* **Data supplied**:
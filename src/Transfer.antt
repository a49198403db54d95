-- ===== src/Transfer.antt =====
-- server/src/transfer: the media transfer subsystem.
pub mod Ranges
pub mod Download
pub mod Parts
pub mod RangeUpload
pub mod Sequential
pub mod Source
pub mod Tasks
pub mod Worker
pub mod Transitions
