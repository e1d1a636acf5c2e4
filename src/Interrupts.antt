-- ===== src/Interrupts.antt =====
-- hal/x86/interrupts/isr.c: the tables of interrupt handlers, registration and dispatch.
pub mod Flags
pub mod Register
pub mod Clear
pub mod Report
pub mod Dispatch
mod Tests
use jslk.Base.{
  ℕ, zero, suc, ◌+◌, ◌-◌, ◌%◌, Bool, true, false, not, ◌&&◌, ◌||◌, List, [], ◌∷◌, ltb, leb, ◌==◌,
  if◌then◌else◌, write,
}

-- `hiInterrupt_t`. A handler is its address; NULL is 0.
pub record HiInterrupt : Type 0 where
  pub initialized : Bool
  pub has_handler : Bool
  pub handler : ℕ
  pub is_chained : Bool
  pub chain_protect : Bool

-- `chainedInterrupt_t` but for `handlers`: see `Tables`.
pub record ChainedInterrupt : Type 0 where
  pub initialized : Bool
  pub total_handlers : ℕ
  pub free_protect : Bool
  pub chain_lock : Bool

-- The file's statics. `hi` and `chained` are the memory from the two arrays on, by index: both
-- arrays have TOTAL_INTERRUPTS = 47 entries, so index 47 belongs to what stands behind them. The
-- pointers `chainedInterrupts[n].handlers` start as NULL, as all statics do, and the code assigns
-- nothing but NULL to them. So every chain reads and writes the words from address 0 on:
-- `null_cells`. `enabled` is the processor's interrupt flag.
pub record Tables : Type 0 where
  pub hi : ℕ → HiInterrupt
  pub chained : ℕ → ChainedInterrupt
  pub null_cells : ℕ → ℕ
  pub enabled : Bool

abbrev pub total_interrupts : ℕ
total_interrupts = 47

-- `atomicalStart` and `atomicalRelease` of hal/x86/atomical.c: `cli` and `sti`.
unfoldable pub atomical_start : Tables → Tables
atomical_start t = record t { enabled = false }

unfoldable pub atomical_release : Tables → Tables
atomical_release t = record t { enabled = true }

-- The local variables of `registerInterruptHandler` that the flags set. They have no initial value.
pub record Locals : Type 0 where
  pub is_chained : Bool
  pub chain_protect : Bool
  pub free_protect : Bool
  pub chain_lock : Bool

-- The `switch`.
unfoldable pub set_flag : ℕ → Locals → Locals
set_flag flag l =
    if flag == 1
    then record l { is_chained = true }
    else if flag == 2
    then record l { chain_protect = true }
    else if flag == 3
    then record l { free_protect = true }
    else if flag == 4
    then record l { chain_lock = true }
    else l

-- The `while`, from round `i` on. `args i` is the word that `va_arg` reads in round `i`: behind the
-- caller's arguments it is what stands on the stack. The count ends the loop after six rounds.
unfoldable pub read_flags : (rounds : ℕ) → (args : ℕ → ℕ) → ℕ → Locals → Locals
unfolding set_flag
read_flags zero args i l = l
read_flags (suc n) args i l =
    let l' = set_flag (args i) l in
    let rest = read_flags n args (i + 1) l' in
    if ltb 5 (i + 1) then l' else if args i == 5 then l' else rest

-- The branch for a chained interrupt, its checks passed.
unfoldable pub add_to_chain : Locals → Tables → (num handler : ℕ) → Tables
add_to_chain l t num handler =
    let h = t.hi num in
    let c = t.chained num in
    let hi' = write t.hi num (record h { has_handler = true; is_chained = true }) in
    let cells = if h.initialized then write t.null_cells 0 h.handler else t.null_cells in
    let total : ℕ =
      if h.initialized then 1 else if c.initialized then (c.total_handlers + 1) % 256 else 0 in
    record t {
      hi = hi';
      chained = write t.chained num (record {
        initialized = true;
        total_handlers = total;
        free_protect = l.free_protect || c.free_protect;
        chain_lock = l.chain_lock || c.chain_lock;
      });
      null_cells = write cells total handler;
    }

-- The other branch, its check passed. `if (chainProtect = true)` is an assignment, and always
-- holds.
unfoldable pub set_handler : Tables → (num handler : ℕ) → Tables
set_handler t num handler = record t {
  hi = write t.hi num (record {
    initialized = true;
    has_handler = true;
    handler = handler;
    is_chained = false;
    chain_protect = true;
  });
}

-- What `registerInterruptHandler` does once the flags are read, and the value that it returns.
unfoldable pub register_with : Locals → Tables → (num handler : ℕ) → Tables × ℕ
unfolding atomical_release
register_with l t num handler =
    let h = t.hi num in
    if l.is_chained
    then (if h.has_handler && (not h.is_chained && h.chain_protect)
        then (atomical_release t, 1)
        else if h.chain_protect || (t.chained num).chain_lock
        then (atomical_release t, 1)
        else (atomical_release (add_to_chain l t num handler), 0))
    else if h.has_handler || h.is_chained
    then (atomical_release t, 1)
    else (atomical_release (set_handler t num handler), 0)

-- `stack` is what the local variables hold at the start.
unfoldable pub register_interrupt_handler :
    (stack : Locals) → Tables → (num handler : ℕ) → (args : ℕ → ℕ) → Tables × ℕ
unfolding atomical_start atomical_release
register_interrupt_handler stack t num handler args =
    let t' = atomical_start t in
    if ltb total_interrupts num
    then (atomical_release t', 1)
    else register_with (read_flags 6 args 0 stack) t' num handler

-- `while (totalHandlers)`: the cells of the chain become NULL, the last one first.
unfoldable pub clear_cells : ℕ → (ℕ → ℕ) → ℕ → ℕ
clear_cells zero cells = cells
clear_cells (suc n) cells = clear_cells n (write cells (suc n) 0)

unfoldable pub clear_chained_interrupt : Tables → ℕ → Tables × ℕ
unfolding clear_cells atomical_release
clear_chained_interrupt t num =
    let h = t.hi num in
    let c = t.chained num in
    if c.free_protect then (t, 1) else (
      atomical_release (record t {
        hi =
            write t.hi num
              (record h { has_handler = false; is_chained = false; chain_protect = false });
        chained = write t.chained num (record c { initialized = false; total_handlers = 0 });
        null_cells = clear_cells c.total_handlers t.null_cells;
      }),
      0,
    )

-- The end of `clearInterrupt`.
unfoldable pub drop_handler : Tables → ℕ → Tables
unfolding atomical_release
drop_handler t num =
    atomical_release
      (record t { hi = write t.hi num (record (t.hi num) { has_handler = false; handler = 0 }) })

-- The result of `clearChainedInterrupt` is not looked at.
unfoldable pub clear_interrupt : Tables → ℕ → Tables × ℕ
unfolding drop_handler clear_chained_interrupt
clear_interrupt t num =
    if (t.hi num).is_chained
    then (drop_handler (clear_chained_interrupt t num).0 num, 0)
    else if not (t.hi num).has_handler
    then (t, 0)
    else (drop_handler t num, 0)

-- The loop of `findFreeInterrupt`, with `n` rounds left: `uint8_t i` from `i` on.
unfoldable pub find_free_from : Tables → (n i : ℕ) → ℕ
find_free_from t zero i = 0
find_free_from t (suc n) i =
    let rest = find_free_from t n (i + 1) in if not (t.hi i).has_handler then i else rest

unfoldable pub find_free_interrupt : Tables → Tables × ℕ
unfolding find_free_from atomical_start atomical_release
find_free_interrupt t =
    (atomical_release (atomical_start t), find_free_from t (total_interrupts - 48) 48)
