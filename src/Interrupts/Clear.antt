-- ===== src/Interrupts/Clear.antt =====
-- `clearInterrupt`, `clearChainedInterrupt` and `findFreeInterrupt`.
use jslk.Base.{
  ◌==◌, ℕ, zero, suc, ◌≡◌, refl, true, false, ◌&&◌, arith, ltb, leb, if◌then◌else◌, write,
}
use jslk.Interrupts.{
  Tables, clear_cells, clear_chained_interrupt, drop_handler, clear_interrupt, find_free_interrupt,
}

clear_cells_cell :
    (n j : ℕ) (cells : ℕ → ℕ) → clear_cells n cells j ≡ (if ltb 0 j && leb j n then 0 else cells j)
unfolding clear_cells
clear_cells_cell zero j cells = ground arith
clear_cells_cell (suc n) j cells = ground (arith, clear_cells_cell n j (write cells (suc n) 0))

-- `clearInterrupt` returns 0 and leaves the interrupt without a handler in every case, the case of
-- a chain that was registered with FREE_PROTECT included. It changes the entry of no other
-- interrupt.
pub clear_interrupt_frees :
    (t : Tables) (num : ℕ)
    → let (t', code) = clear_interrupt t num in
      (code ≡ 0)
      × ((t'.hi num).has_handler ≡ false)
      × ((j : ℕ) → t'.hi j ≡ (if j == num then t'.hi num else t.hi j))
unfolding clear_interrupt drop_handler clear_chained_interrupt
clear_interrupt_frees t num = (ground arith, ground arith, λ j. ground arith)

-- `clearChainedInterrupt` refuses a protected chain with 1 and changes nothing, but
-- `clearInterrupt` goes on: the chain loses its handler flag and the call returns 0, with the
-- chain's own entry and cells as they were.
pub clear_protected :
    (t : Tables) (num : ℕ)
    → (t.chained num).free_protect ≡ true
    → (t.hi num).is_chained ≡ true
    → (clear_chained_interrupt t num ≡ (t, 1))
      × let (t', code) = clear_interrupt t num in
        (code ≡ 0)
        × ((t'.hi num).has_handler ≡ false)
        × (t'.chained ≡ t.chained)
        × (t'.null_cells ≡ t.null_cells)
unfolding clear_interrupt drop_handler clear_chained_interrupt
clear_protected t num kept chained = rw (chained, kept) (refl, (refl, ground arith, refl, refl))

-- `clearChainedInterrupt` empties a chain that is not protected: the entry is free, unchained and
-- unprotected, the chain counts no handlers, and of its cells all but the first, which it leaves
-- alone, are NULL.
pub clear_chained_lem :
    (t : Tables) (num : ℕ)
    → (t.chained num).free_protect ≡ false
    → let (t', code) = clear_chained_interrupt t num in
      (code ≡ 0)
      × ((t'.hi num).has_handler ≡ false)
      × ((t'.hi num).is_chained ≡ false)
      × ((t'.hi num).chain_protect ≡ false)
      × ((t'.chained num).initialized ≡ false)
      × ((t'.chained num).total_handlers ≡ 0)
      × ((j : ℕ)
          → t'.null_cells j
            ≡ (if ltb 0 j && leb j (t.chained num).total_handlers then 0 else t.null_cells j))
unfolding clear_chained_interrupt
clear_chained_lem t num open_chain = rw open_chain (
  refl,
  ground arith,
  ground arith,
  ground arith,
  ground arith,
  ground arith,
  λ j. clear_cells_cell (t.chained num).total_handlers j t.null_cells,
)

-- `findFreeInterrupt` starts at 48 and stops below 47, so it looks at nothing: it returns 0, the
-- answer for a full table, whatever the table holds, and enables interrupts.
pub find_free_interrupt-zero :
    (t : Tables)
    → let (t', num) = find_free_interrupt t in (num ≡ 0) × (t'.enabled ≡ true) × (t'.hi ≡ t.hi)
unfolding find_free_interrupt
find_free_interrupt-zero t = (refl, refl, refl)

* **Problem**: Answer with a single number: how many lines above hold the word "registerInterruptHandler"?

* **Task output**: 2